In short, it is completely weak – given the facts – for the AGC to argue that the government needed the courts to grant its application to address “falsehoods” or “false statements” it claims are or were made against it.

The Government, unlike everyone else, already has numerous avenues to address such “falsehoods.”

Indeed, the entire mainstream media is at its disposal, at anytime.

In fact, both the High Court and the Court of Appeal observed that the Government (Mindef) had “put across its version of the facts online and in traditional manner in a fairly extensive manner… as well as on its Facebook page.”

It is thus bogus for Minlaw to say that it is not about harassment but about “false statements” being circulated.

Both courts have said the Government could and had made use of many channels to address this.

Finally, l will give the last word to JC See. Read and judge for yourself if the Government was helpless in addressing the “false statements” it claimed were made against it.
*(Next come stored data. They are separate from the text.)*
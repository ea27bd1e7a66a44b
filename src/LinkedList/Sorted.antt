-- ===== src/LinkedList/Sorted.antt =====
-- SortedList::Insert of lib/list.cc: the walk to the place of the new item.
pub mod Insertion
use nachos_assignment.LinkedList.{
  Element, Heap, LinkedList, element_at, with_element, set_next, is_in_list, is_empty, walk,
}
use nachos_assignment.LinkedList.Chain.{IsChain, addresses, items, last_of, IsChain-set, among_ne}
use nachos_assignment.LinkedList.Ends.{among_self, among_later}
use nachos_assignment.Base.{
  ◌&&◌, ◌||◌, not, ℕ, zero, suc, ◌+◌, ◌-◌, ◌*◌, ◌/◌, ◌%◌, ◌^◌, ◌≤◌, ◌<◌, min, max, bit_and, bit_or,
  bit_xor, ◌≡◌, refl, sym, ap, ap₂, ◌∙◌, subst, fun_ext, ◌≢◌, ◌↔◌, ◌⊎◌, inl, inr, Bool, true, false,
  Option, none, some, List, [], ◌∷◌, ◌++◌, map, arith, ltb, leb, ◌==◌, if◌then◌else◌, ltb→lt,
  lt→ltb, leb→le, ==_iff, tests, Bool-cases, Option-cases, every, every-test, agree, agree_eq,
  length, get_elem?, set, get_or, take, drop, replicate, length-append, length-set,
  get_elem?-set_self, get_elem?-set_ne, take-append-drop, length-take, length-drop,
  length-replicate, length-map, get_elem?-eq-get_or, get_or-set_self, get_or-set_ne,
  get_or-replicate, get_elem?-none, get_elem?-some, get_elem?_beyond, get_elem?_inside, drop_all,
  drop_step, set-set_self, set-set_ne, set-get_elem?, among, IsDistinct, ℤ, pos, negsuc, pos_part,
  neg_part, sub_ℕ, neg_ℤ, ltb_ℤ, to_unsigned, to_int, IsInt, to_int-to_unsigned, ◌+ℤ◌, ◌-ℤ◌,
  same_int, minus_one, Name, same_name, same_name_eq, same_name_refl, Stop, aborted, halted,
  undefined, looping, Outcome, ok, err, Outcome-cases, check_int, ◌>>=◌, ◌>>◌, assert, deref, at,
  Name, same_name, same_name_eq, same_name_refl,
}

-- numInList is counted up; at the end of the function stands an assertion.
unfoldable pub finished : Bool → Heap → LinkedList → ℕ → Outcome (Heap × LinkedList)
finished asserting heap l item = do
  let checked = do now ← is_in_list heap l item; assert now; ok (heap, l)
  if asserting then checked else ok (heap, l)

-- The function that the list was made with.
module _ (compare : ℕ → ℕ → ℤ) where
  abbrev pub comes_before : ℕ → ℕ → Bool
  comes_before x y = ltb_ℤ (compare x y) (pos 0)

  -- The loop from `ptr` on and what follows it; the answer is whether the item went to the end, where
  -- the code goes on to its last assertion.
  unfoldable pub insert_from :
      ℕ → Heap → LinkedList → Option ℕ → Option ℕ → ℕ → Outcome (Heap × LinkedList × Bool)
  insert_from zero heap l ptr element item = err looping
  insert_from (suc rounds) heap l ptr element item = do
    e ← element_at heap ptr
    let rest = insert_from rounds heap l e.next element item
    let behind = do
      h1 ← set_next heap l.last element
      ok (h1, record l { last = element; num_in_list = suc l.num_in_list }, true)
    let between = do
      h1 ← set_next heap element e.next
      h2 ← set_next h1 ptr element
      ok (h2, record l { num_in_list = suc l.num_in_list }, false)
    let beside = do f ← element_at heap e.next; if comes_before item f.item then between else rest
    elim e.next [ none ↦ behind | some n ↦ beside ]

  unfoldable pub insert : Heap → LinkedList → ℕ → Outcome (Heap × LinkedList)
  insert heap l item = do
    let a = length heap
    let h1 = with_element heap item
    there ← is_in_list h1 l item
    assert (not there)
    let only : LinkedList = record {
      first = some a;
      last = some a;
      num_in_list = suc l.num_in_list;
    }
    let in_front : Element → Outcome (Heap × LinkedList × Bool) = λ e.
        set_next h1 (some a) l.first >>= λ h2.
        ok (h2, record l { first = some a; num_in_list = suc l.num_in_list }, true)
    r ← if is_empty l then ok (h1, only, true) else (do
      e ← element_at h1 l.first
      if comes_before item e.item
          then in_front e
          else insert_from (walk h1) h1 l l.first (some a) item)
    finished r.2 r.0 r.1 item

  -- The sequence with the item before the first one that it comes before.
  unfoldable pub inserted : ℕ → ℕ → List (ℕ × ℕ) → List (ℕ × ℕ)
  inserted a item [] = (a, item) ∷ []
  inserted a item (c ∷ cs) =
      let rest = inserted a item cs in
      if comes_before item c.1 then (a, item) ∷ c ∷ cs else c ∷ rest

  pub inserted_here :
      (a item : ℕ) (c : ℕ × ℕ) (cs : List (ℕ × ℕ))
      → comes_before item c.1 ≡ true
      → inserted a item (c ∷ cs) ≡ (a, item) ∷ c ∷ cs
  unfolding inserted
  inserted_here a item c cs h = rw h refl

  pub inserted_later :
      (a item : ℕ) (c : ℕ × ℕ) (cs : List (ℕ × ℕ))
      → comes_before item c.1 ≡ false
      → inserted a item (c ∷ cs) ≡ c ∷ inserted a item cs
  unfolding inserted
  inserted_later a item c cs h = rw h refl

-- The heap and the list after the loop of Insert linked the element at `b` in behind the one at `a`.
pub record Linked (heap h2 : Heap) (l l2 : LinkedList) (a x b : ℕ) (cs more : List (ℕ × ℕ))
    : Type 0 where
  pub chain : IsChain h2 (some a) ((a, x) ∷ more)
  pub frame :
      (k : ℕ) → among k (a ∷ addresses cs) ≡ false → k ≢ b → get_elem? h2 k ≡ get_elem? heap k
  pub size : length h2 ≡ length heap
  pub ends : l2.last ≡ last_of ((a, x) ∷ more)
  pub head : l2.first ≡ l.first
  pub count : l2.num_in_list ≡ suc l.num_in_list

module _ (compare : ℕ → ℕ → ℤ) (b item : ℕ) where
  pub link_in :
      (rounds : ℕ) (heap : Heap) (l : LinkedList) (a x : ℕ) (ptr : Option ℕ) (cs : List (ℕ × ℕ))
      → get_elem? heap a ≡ some (some (record { item = x; next = ptr }))
      → IsChain heap ptr cs
      → IsDistinct (a ∷ addresses cs)
      → get_elem? heap b ≡ some (some (record { item = item; next = none }))
      → among b (a ∷ addresses cs) ≡ false
      → length cs < rounds
      → l.last ≡ last_of ((a, x) ∷ cs)
      → (h2 : Heap) × (l2 : LinkedList) × (at_end : Bool) × (insert_from compare rounds heap l
            (some a)
            (some b)
            item
          ≡ ok (h2, l2, at_end))
        × Linked heap h2 l l2 a x b cs (inserted compare b item cs)
  unfolding insert_from
  link_in zero heap l a x ptr cs here chain d new fresh few last = absurd (omega arith)
  link_in (suc rounds) heap l a x ptr [] here chain d new fresh few last =
      let (ne, apart) = among_ne b a [] fresh in
      let v : Option Element = some (record { item = x; next = some b }) in
      let linked : set_next heap l.last (some b) ≡ ok (set heap a v) =
        unfold set_next in rw (last, here) refl in
      (
        set heap a v,
        record l { last = some b; num_in_list = suc l.num_in_list },
        true,
        rw (here, chain, linked) refl,
        record {
          chain =
              unfold inserted in
              (
                refl,
                (
                  some b,
                  get_elem?-set_self heap a v (get_elem?_inside heap a _ here),
                  (
                    refl,
                    (none, get_elem?-set_ne heap {i = a} {j = b} v (λ e. ne (sym e)) ∙ new, refl),
                  ),
                ),
              );
          frame = λ k others kb.
              get_elem?-set_ne heap {i = a} {j = k} v (λ e. (among_ne k a [] others).0 (sym e));
          size = length-set heap a v;
          ends = unfold inserted in refl;
          head = refl;
          count = refl;
        },
      )
  link_in (suc rounds) heap l a x ptr (c ∷ cs) here (start, (q, next_here, rest)) d new fresh few
        last =
      let (ne, apart) = among_ne b a (c.0 ∷ addresses cs) fresh in
      let whole : IsChain heap (some c.0) (c ∷ cs) = (refl, (q, next_here, rest)) in
      elim (Bool-cases (comes_before compare item c.1)) [
        | inl before ↦
            let v : Option Element = some (record { item = item; next = some c.0 }) in
            let w : Option Element = some (record { item = x; next = some b }) in
            let h1 : Heap = set heap b v in
            let still : get_elem? h1 a ≡ some (some (record { item = x; next = ptr })) =
              get_elem?-set_ne heap {i = b} {j = a} v ne ∙ here in
            let first : set_next heap (some b) (some c.0) ≡ ok h1 =
              unfold set_next in rw new refl in
            let second : set_next h1 (some a) (some b) ≡ ok (set h1 a w) =
              unfold set_next in rw still refl in
            (
              set h1 a w,
              record l { num_in_list = suc l.num_in_list },
              false,
              rw (here, start, start, next_here, before, first, second) refl,
              record {
                chain =
                    subst (λ t. IsChain (set h1 a w) (some a) ((a, x) ∷ t))
                      (sym (inserted_here compare b item c cs before))
                      (
                        refl,
                        (
                          some b,
                          get_elem?-set_self h1 a w (get_elem?_inside h1 a _ still),
                          (
                            refl,
                            (
                              some c.0,
                              get_elem?-set_ne h1 {i = a} {j = b} w (λ e. ne (sym e))
                                  ∙ get_elem?-set_self heap b v (get_elem?_inside heap b _ new),
                              IsChain-set h1 (some c.0) (c ∷ cs) a w d.0
                                  (IsChain-set heap (some c.0) (c ∷ cs) b v apart whole),
                            ),
                          ),
                        ),
                      );
                frame = λ k others kb.
                    get_elem?-set_ne h1 {i = a} {j = k} w
                      (λ e. (among_ne k a (c.0 ∷ addresses cs) others).0 (sym e))
                    ∙ get_elem?-set_ne heap {i = b} {j = k} v (λ e. kb (sym e));
                size = length-set h1 a w ∙ length-set heap b v;
                ends =
                    last
                    ∙ ap (λ t. last_of ((a, x) ∷ t))
                        (sym (inserted_here compare b item c cs before));
                head = refl;
                count = refl;
              },
            )
        | inr after ↦
            let (h2, l2, at_end, e, u) =
              link_in rounds heap l c.0 c.1 q cs next_here rest d.1 new apart (omega arith) last in
            (
              h2,
              l2,
              at_end,
              rw (here, start, start, next_here, after) e,
              record {
                chain =
                    subst (λ t. IsChain h2 (some a) ((a, x) ∷ t))
                      (sym (inserted_later compare b item c cs after))
                      (
                        refl,
                        (
                          ptr,
                          u.frame a d.0 (λ e. ne (sym e)) ∙ here,
                          subst (λ t. IsChain h2 t (c ∷ inserted compare b item cs)) (sym start)
                              u.chain,
                        ),
                      );
                frame = λ k others kb. u.frame k (among_ne k a (c.0 ∷ addresses cs) others).1 kb;
                size = u.size;
                ends =
                    u.ends
                    ∙ ap (λ t. last_of ((a, x) ∷ t))
                        (sym (inserted_later compare b item c cs after));
                head = u.head;
                count = u.count;
              },
            )
      ]
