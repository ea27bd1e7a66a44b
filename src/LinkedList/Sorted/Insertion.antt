-- ===== src/LinkedList/Sorted/Insertion.antt =====
-- SortedList::Insert of lib/list.cc, as an operation on a sorted sequence of items.
use nachos_assignment.LinkedList.Chain.{
  IsChain-set, IsChain-new, new_at, new-fresh, last_of, IsChain, Represents, addresses, items,
  among_ne,
}
use nachos_assignment.LinkedList.Ends.{looked, length-new, is_in_list_lem, among_self, among_later}
use nachos_assignment.LinkedList.Removal.{among_cons}
use nachos_assignment.LinkedList.Sorted.{
  walk, link_in, set_next, Element, finished, is_empty, with_element, is_in_list, LinkedList,
  insert, Heap, comes_before, inserted, inserted_here, inserted_later,
}
use nachos_assignment.Base.{
  ℕ, suc, ◌≡◌, refl, sym, ap, ◌∙◌, subst, ◌≢◌, inl, inr, Bool, true, false, Option, none, some,
  List, [], ◌∷◌, arith, Bool-cases, length, set, length-set, get_elem?-set_self, get_elem?_inside,
  among, IsDistinct, ℤ, ok,
}

-- No item comes before the one that stands in front of it.
abbrev pub IsSorted : (ℕ → ℕ → ℤ) → List ℕ → Type 0
IsSorted compare [] = Unit {0}
IsSorted compare (x ∷ []) = Unit {0}
IsSorted compare (x ∷ y ∷ xs) = (comes_before compare y x ≡ false) × IsSorted compare (y ∷ xs)

module _ (compare : ℕ → ℕ → ℤ) (a item : ℕ) where
  addresses-inserted :
      (cs : List (ℕ × ℕ)) (k : ℕ)
      → k ≢ a
      → among k (addresses cs) ≡ false
      → among k (addresses (inserted compare a item cs)) ≡ false
  addresses-inserted [] k ne h = unfold inserted in among_cons k a [] ne h
  addresses-inserted (c ∷ cs) k ne h =
      let (other, others) = among_ne k c.0 (addresses cs) h in
      elim (Bool-cases (comes_before compare item c.1)) [
        | inl before ↦
            rw (inserted_here compare a item c cs before) (among_cons k a (addresses (c ∷ cs)) ne h)
        | inr after ↦
            rw (inserted_later compare a item c cs after)
              (among_cons k c.0 _ other (addresses-inserted cs k ne others))
      ]

  IsDistinct-inserted :
      (cs : List (ℕ × ℕ))
      → IsDistinct (addresses cs)
      → among a (addresses cs) ≡ false
      → IsDistinct (addresses (inserted compare a item cs))
  IsDistinct-inserted [] d fresh = unfold inserted in (fresh, tt)
  IsDistinct-inserted (c ∷ cs) (apart, d) fresh =
      let (ne, others) = among_ne a c.0 (addresses cs) fresh in
      elim (Bool-cases (comes_before compare item c.1)) [
        | inl before ↦ rw (inserted_here compare a item c cs before) (fresh, (apart, d))
        | inr after ↦
            rw (inserted_later compare a item c cs after)
              (addresses-inserted cs c.0 (λ e. ne (sym e)) apart, IsDistinct-inserted cs d others)
      ]

  length-inserted : (cs : List (ℕ × ℕ)) → length (inserted compare a item cs) ≡ suc (length cs)
  length-inserted [] = unfold inserted in refl
  length-inserted (c ∷ cs) = elim (Bool-cases (comes_before compare item c.1)) [
    | inl before ↦ rw (inserted_here compare a item c cs before) refl
    | inr after ↦ rw (inserted_later compare a item c cs after) (ap suc (length-inserted cs))
  ]

  item-inserted : (cs : List (ℕ × ℕ)) → among item (items (inserted compare a item cs)) ≡ true
  item-inserted [] = unfold inserted in among_self item []
  item-inserted (c ∷ cs) = elim (Bool-cases (comes_before compare item c.1)) [
    | inl before ↦ rw (inserted_here compare a item c cs before) (among_self item (items (c ∷ cs)))
    | inr after ↦
        rw (inserted_later compare a item c cs after) (among_later item c.1 _ (item-inserted cs))
  ]

  module _
      (asymmetric : (x y : ℕ)
        → comes_before compare x y ≡ true
        → comes_before compare y x ≡ false) where
    -- The sequence behind an item that the new one does not come before.
    IsSorted-behind :
        (x : ℕ) (cs : List (ℕ × ℕ))
        → comes_before compare item x ≡ false
        → IsSorted compare (x ∷ items cs)
        → IsSorted compare (x ∷ items (inserted compare a item cs))
    IsSorted-behind x [] after s = unfold inserted in (after, tt)
    IsSorted-behind x (c ∷ cs) after (first, s) =
        elim (Bool-cases (comes_before compare item c.1)) [
          | inl before ↦
              rw (inserted_here compare a item c cs before) (after, (asymmetric item c.1 before, s))
          | inr later ↦
              rw (inserted_later compare a item c cs later) (first, IsSorted-behind c.1 cs later s)
        ]

    IsSorted-inserted :
        (cs : List (ℕ × ℕ))
        → IsSorted compare (items cs)
        → IsSorted compare (items (inserted compare a item cs))
    IsSorted-inserted [] s = unfold inserted in tt
    IsSorted-inserted (c ∷ cs) s = elim (Bool-cases (comes_before compare item c.1)) [
      | inl before ↦ rw (inserted_here compare a item c cs before) (asymmetric item c.1 before, s)
      | inr after ↦ rw (inserted_later compare a item c cs after) (IsSorted-behind c.1 cs after s)
    ]

-- The end of Insert, with its last assertion or without it.
ended :
    (asserting : Bool) (heap : Heap) (l : LinkedList) (item : ℕ)
    → is_in_list heap l item ≡ ok true
    → finished asserting heap l item ≡ ok (heap, l)
unfolding finished
ended true heap l item h = rw h refl
ended false heap l item h = refl

module _ (compare : ℕ → ℕ → ℤ) where
  placed :
      (heap h2 : Heap) (l l2 : LinkedList) (cs : List (ℕ × ℕ)) (item : ℕ)
      → Represents heap l cs
      → IsChain h2 l2.first (inserted compare (length heap) item cs)
      → l2.last ≡ last_of (inserted compare (length heap) item cs)
      → l2.num_in_list ≡ suc l.num_in_list
      → length h2 ≡ suc (length heap)
      → Represents h2 l2 (inserted compare (length heap) item cs)
  placed heap h2 l l2 cs item r chain at_end count size = record {
    chain = chain;
    distinct =
        IsDistinct-inserted compare (length heap) item cs r.distinct
          (new-fresh heap l.first cs r.chain);
    ends = at_end;
    counted = count ∙ (ap suc r.counted ∙ sym (length-inserted compare (length heap) item cs));
    room = omega (arith, size, length-inserted compare (length heap) item cs, r.room);
  }

  found_there :
      (h2 : Heap) (l2 : LinkedList) (a item : ℕ) (cs : List (ℕ × ℕ))
      → Represents h2 l2 (inserted compare a item cs)
      → is_in_list h2 l2 item ≡ ok true
  found_there h2 l2 a item cs r =
      is_in_list_lem h2 l2 _ item r ∙ ap (λ t. ok t) (item-inserted compare a item cs)

  insert_lem :
      (heap : Heap) (l : LinkedList) (cs : List (ℕ × ℕ)) (item : ℕ)
      → Represents heap l cs
      → among item (items cs) ≡ false
      → (h2 : Heap) × (l2 : LinkedList) × (insert compare heap l item ≡ ok (h2, l2))
        × Represents h2 l2 (inserted compare (length heap) item cs)
  unfolding insert
  insert_lem heap l [] item r fresh =
      let a : ℕ = length heap in
      let h1 : Heap = with_element heap item in
      let emptied : is_empty l ≡ true = ground (arith, r.counted) in
      let l2 : LinkedList = record {
        first = some a;
        last = some a;
        num_in_list = suc l.num_in_list;
      } in
      let r2 : Represents h1 l2 (inserted compare a item []) =
        placed heap h1 l l2 [] item r (unfold inserted in (refl, (none, new_at heap item, refl)))
          (unfold inserted in refl) refl (length-new heap item) in
      (
        h1,
        l2,
        simp (looked heap l [] item r, fresh, emptied)
            (ended true h1 l2 item (found_there h1 l2 a item [] r2)),
        r2,
      )
  insert_lem heap l (c ∷ cs) item r fresh =
      let a : ℕ = length heap in
      let h1 : Heap = with_element heap item in
      let some_there : is_empty l ≡ false = ground (arith, r.counted) in
      let unused = new-fresh heap l.first (c ∷ cs) r.chain in
      let chain1 = IsChain-new heap l.first (c ∷ cs) item r.chain in
      let (start, (q, here, rest)) = chain1 in
      elim (Bool-cases (comes_before compare item c.1)) [
        | inl before ↦
            let v : Option Element = some (record { item = item; next = some c.0 }) in
            let h2 : Heap = set h1 a v in
            let l2 : LinkedList = record l { first = some a; num_in_list = suc l.num_in_list } in
            let linked : set_next h1 (some a) (some c.0) ≡ ok h2 =
              unfold set_next in rw (new_at heap item) refl in
            let order = inserted_here compare a item c cs before in
            let r2 : Represents h2 l2 (inserted compare a item (c ∷ cs)) =
              placed heap h2 l l2 (c ∷ cs) item r
                (subst (λ t. IsChain h2 (some a) t) (sym order)
                  (
                    refl,
                    (
                      some c.0,
                      get_elem?-set_self h1 a v (get_elem?_inside h1 a _ (new_at heap item)),
                      IsChain-set h1 (some c.0) (c ∷ cs) a v unused (refl, (q, here, rest)),
                    ),
                  ))
                (r.ends ∙ ap last_of (sym order)) refl (length-set h1 a v ∙ length-new heap item) in
            (
              h2,
              l2,
              simp (looked heap l (c ∷ cs) item r, fresh, some_there, start, here, before, linked)
                  (ended true h2 l2 item (found_there h2 l2 a item (c ∷ cs) r2)),
              r2,
            )
        | inr after ↦
            let (h2, l2, at_end, e, u) =
              link_in compare a item (walk h1) h1 l c.0 c.1 q cs here rest r.distinct
                (new_at heap item) unused (omega (arith, r.room, length-new heap item)) r.ends in
            let order = inserted_later compare a item c cs after in
            let r2 : Represents h2 l2 (inserted compare a item (c ∷ cs)) =
              placed heap h2 l l2 (c ∷ cs) item r
                (subst (λ t. IsChain h2 l2.first t) (sym order)
                  (subst (λ t. IsChain h2 t (c ∷ inserted compare a item cs)) (sym (u.head ∙ start))
                    u.chain))
                (u.ends ∙ ap last_of (sym order)) u.count (u.size ∙ length-new heap item) in
            (
              h2,
              l2,
              simp (looked heap l (c ∷ cs) item r, fresh, some_there, start, here, after, e)
                  (ended at_end h2 l2 item (found_there h2 l2 a item (c ∷ cs) r2)),
              r2,
            )
      ]

-- Insert of an item that is not there, into a sorted list and by a comparison under which no two
-- items come before each other: the list is sorted after it and has the item in front of the first
-- one that it comes before, the others in their order.
pub insert_sorts :
    (compare : ℕ → ℕ → ℤ) (heap : Heap) (l : LinkedList) (cs : List (ℕ × ℕ)) (item : ℕ)
    → ((x y : ℕ) → comes_before compare x y ≡ true → comes_before compare y x ≡ false)
    → Represents heap l cs
    → IsSorted compare (items cs)
    → among item (items cs) ≡ false
    → (h2 : Heap) × (l2 : LinkedList) × (more : List (ℕ × ℕ)) × (insert compare heap l item
        ≡ ok (h2, l2))
      × Represents h2 l2 more
      × IsSorted compare (items more)
      × (more ≡ inserted compare (length heap) item cs)
insert_sorts compare heap l cs item asymmetric r s fresh =
    let (h2, l2, e, r2) = insert_lem compare heap l cs item r fresh in
    (
      h2,
      l2,
      inserted compare (length heap) item cs,
      e,
      r2,
      IsSorted-inserted compare (length heap) item asymmetric cs s,
      refl,
    )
[Bold emphasis added by me.]

“As the allegation was disputed, MINDEF could and did put across its version of the facts online and in traditional media in a fairly extensive manner. In any event, the allegation was a relatively minor one in the sense that it concerned a rather narrow aspect of MINDEF’s conduct, ie, its alleged litigation strategy, and cannot be said to have gone anywhere near seriously impugning the core or essence of MINDEF’s identity or “character” or “personality”. Where this is so, I do not think an order under s 15 should be made as a matter of course lest the court’s resources be unduly burdened by an over-abundance of applications under s 15 of the Act.”